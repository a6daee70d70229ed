-- ===== src/Reader/Tests.antt =====
-- The calls of libelfr on a small container.
use elfrc.Base.{
  ℕ, ◌+◌, ◌^◌, ◌≤◌, ◌<◌, ◌≡◌, ◌≢◌, ◌⊎◌, refl, arith, [], ◌∷◌, none, some, length, get_elem?, drop,
}
use elfrc.Bytes.{read, le_bytes, le_value, string_at, c_string, bytes_eq}
use elfrc.Format.{header_bytes, header_of, entry_bytes, entry_of}
use elfrc.Container.Sections.{write_string, write_pairs, write_block}
use elfrc.Reader.Outcome.{bad_offset, ok, err, fault}
use elfrc.Reader.Container.{in_bounds}
use elfrc.Reader.Open.{
  mul_overflow, table_fits, has_hash, read_hash_table, open_hash_table, read_entry, resource_of,
  open_resource, open_resources, check_header, open_base, erf_open_memory,
}
use elfrc.Reader.Open.Sound.{
  Acceptable, IsOpened, erf_open_memory-ne-fault, erf_open_memory-IsOpened,
}
use elfrc.Reader.Find.{strcmp_eq, name_matches, scan_names, find_name, erf_find_in, erf_find_id_in}
use elfrc.Reader.Find.Names.{strcmp_eq-c_string}
use elfrc.Reader.Find.Sound.{HasName, erf_find_in-HasName, erf_find_in_unterminated}
use elfrc.Reader.Find.Ids.{IsFirstId, erf_find_id_in-IsFirstId}
use elfrc.Reader.Outcome.{not_found}
use elfrc.Reader.Metadata.{found, erf_metadata_get, read_u32, read_string, read_pair, nth_pair}
use elfrc.Reader.Metadata.{fault as metadata_fault}
use elfrc.Reader.Metadata.Sound.{erf_metadata_get-ne-fault, erf_metadata_get-found}
use elfrc.Reader.Metadata.Written.{erf_metadata_get-write_block}
use elfrc.Reader.Default.{initial, erf_find, erf_find_id, erf_resource_data}
use elfrc.Reader.Default.Laws.{linked_handle, value, direct, step, find, default_calls}
use elfrc.Reader.Find.{erf_resource_data_in}
use elfrc.Base.{foldl}
use elfrc.Reader.Open.Verdict.{Verdict, erf_open_memory-Verdict}
use elfrc.Reader.Sample.{sample, sample_front, sample_pairs, sample_resource, sample_container}
use elfrc.Reader.Container.{Resource, Container}

sample_size : 315 ≤ length sample
unfolding header_bytes entry_bytes le_bytes write_string write_pairs write_block
sample_size = omega arith

opened_sample : erf_open_memory (some sample) 315 ≡ ok sample_container
unfolding header_bytes entry_bytes le_bytes le_value write_string write_pairs write_block read
    header_of entry_of bytes_eq in_bounds mul_overflow table_fits has_hash read_hash_table
    open_hash_table read_entry resource_of open_resource open_resources check_header open_base
    erf_open_memory
opened_sample = refl

erf_open_memory-IsOpened_example : Acceptable sample 315 × IsOpened sample 315 sample_container
erf_open_memory-IsOpened_example =
    erf_open_memory-IsOpened sample 315 sample_size (omega arith) opened_sample

erf_open_memory-ne-fault_example : erf_open_memory (some sample) 315 ≢ fault
erf_open_memory-ne-fault_example = erf_open_memory-ne-fault sample 315 sample_size (omega arith)

-- Opened with one byte less than its header claims.
erf_open_memory-Verdict_example : Verdict sample 314 (err bad_offset)
unfolding header_bytes entry_bytes le_bytes le_value write_string write_pairs write_block read
    header_of entry_of bytes_eq in_bounds mul_overflow table_fits has_hash read_hash_table
    open_hash_table read_entry resource_of open_resource open_resources check_header open_base
    erf_open_memory
erf_open_memory-Verdict_example =
    erf_open_memory-Verdict sample 314 (omega (arith, sample_size)) (omega arith)

found_a : erf_find_in (some sample_container) (some (b'a' ∷ [])) ≡ ok 0
unfolding header_bytes entry_bytes le_bytes write_string write_pairs write_block strcmp_eq
    name_matches scan_names find_name erf_find_in
found_a = refl

erf_find_in-HasName_example : HasName sample_container (b'a' ∷ []) 0
erf_find_in-HasName_example = erf_find_in-HasName sample_container (b'a' ∷ []) 0 found_a

-- Its name starts at the data, which ends with the memory.
abbrev unterminated_resource : Resource
unterminated_resource = record sample_resource { name = 312 }

abbrev unterminated : Container
unterminated = record sample_container { resources = unterminated_resource ∷ [] }

name_at_end : drop 312 unterminated.base ≡ 1 ∷ 2 ∷ 3 ∷ []
unfolding header_bytes entry_bytes le_bytes write_string write_pairs write_block
name_at_end = refl

erf_find_in_unterminated_example :
    erf_find_in (some unterminated) (some (1 ∷ 2 ∷ 3 ∷ 4 ∷ [])) ≡ fault
erf_find_in_unterminated_example =
    erf_find_in_unterminated unterminated unterminated_resource (1 ∷ 2 ∷ 3 ∷ []) (4 ∷ []) refl refl
      name_at_end

erf_find_id_in-IsFirstId_example :
    ((i : ℕ) × (erf_find_id_in (some sample_container) 7 ≡ ok i)
      × IsFirstId 7 i sample_container.resources)
    ⊎ ((erf_find_id_in (some sample_container) 7 ≡ err not_found)
        × ((j : ℕ) (r : Resource) → get_elem? sample_container.resources j ≡ some r → r.id ≢ 7))
erf_find_id_in-IsFirstId_example = erf_find_id_in-IsFirstId sample_container 7

sample_string : c_string (drop 288 sample) ≡ some (b'a' ∷ [])
unfolding header_bytes entry_bytes le_bytes write_string write_pairs write_block c_string
sample_string = refl

strcmp_eq-c_string_example :
    strcmp_eq (drop 288 sample) (b'b' ∷ []) ≡ some (bytes_eq (b'a' ∷ []) (b'b' ∷ []))
strcmp_eq-c_string_example =
    strcmp_eq-c_string (drop 288 sample) (b'b' ∷ []) (b'a' ∷ []) ((omega arith, omega arith), tt)
      sample_string

block_memory : 315 ≡ length sample
unfolding header_bytes entry_bytes le_bytes write_string write_pairs write_block
block_memory = refl

front_filled : 0 < length sample_front
unfolding header_bytes entry_bytes le_bytes
front_filled = omega arith

block_offset : 296 ≡ (write_block sample_front sample_pairs).0
unfolding header_bytes entry_bytes le_bytes write_block
block_offset = refl

erf_metadata_get-write_block_example :
    (key : ℕ) × (value_at : ℕ) × (erf_metadata_get
        (some sample_container)
        (some sample_resource)
        (some 0)
      ≡ found (key, value_at))
    × (string_at sample key ≡ some (b'k' ∷ []))
    × (string_at sample value_at ≡ some (b'v' ∷ []))
erf_metadata_get-write_block_example =
    erf_metadata_get-write_block sample_container block_memory (omega arith) sample_resource
      sample_front (1 ∷ 2 ∷ 3 ∷ []) sample_pairs 0 front_filled (omega arith)
      (
        (
          ((omega arith, omega arith), tt),
          omega arith,
          ((omega arith, omega arith), tt),
          omega arith,
        ),
        tt,
      )
      refl block_offset refl

erf_metadata_get-ne-fault_example :
    erf_metadata_get (some sample_container) (some sample_resource) (some 5) ≢ metadata_fault
erf_metadata_get-ne-fault_example =
    erf_metadata_get-ne-fault sample_container sample_size (omega arith) (some sample_resource)
      (some 5)

got_pair :
    erf_metadata_get (some sample_container) (some sample_resource) (some 0) ≡ found (304, 310)
unfolding header_bytes entry_bytes le_bytes le_value write_string write_pairs write_block read
    in_bounds read_u32 read_string read_pair nth_pair erf_metadata_get
got_pair = refl

erf_metadata_get-found_example : (296 + 4 < 304) × (304 < 310) × (310 < 315)
erf_metadata_get-found_example =
    erf_metadata_get-found sample_container sample_size (omega arith) sample_resource 0 304 310
      got_pair

sample_word : length sample < 2 ^ 64
unfolding header_bytes entry_bytes le_bytes write_string write_pairs write_block
sample_word = omega arith

default_calls_example :
    (value (
        erf_find
          (some sample)
          (some (b'a' ∷ []))
          (foldl (step (some sample)) initial (find none ∷ [])))
      ≡ direct (linked_handle (some sample)) (λ c. erf_find_in (some c) (some (b'a' ∷ []))))
    × (value (erf_find_id (some sample) 7 (foldl (step (some sample)) initial (find none ∷ [])))
        ≡ direct (linked_handle (some sample)) (λ c. erf_find_id_in (some c) 7))
    × (value (
          erf_resource_data
            (some sample)
            (some (b'a' ∷ []))
            (foldl (step (some sample)) initial (find none ∷ [])))
        ≡ direct
            (linked_handle (some sample))
            (λ c. erf_resource_data_in (some c) (some (b'a' ∷ []))))
default_calls_example =
    default_calls (some sample) (find none ∷ []) (some (b'a' ∷ [])) 7 sample_word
::::
__Exercise prompt__.
Final part of the records: return the line that contains "(value (erf_find_id (some" and every line after it, exactly, with no other lines added.

__Answer space__.
    × (value (erf_find_id (some sample) 7 (foldl (step (some sample)) initial (find none ∷ [])))
        ≡ direct (linked_handle (some sample)) (λ c. erf_find_id_in (some c) 7))
    × (value (
          erf_resource_data
            (some sample)
            (some (b'a' ∷ []))
            (foldl (step (some sample)) initial (find none ∷ [])))
        ≡ direct
            (linked_handle (some sample))
            (λ c. erf_resource_data_in (some c) (some (b'a' ∷ []))))
default_calls_example =
    default_calls (some sample) (find none ∷ []) (some (b'a' ∷ [])) 7 sample_word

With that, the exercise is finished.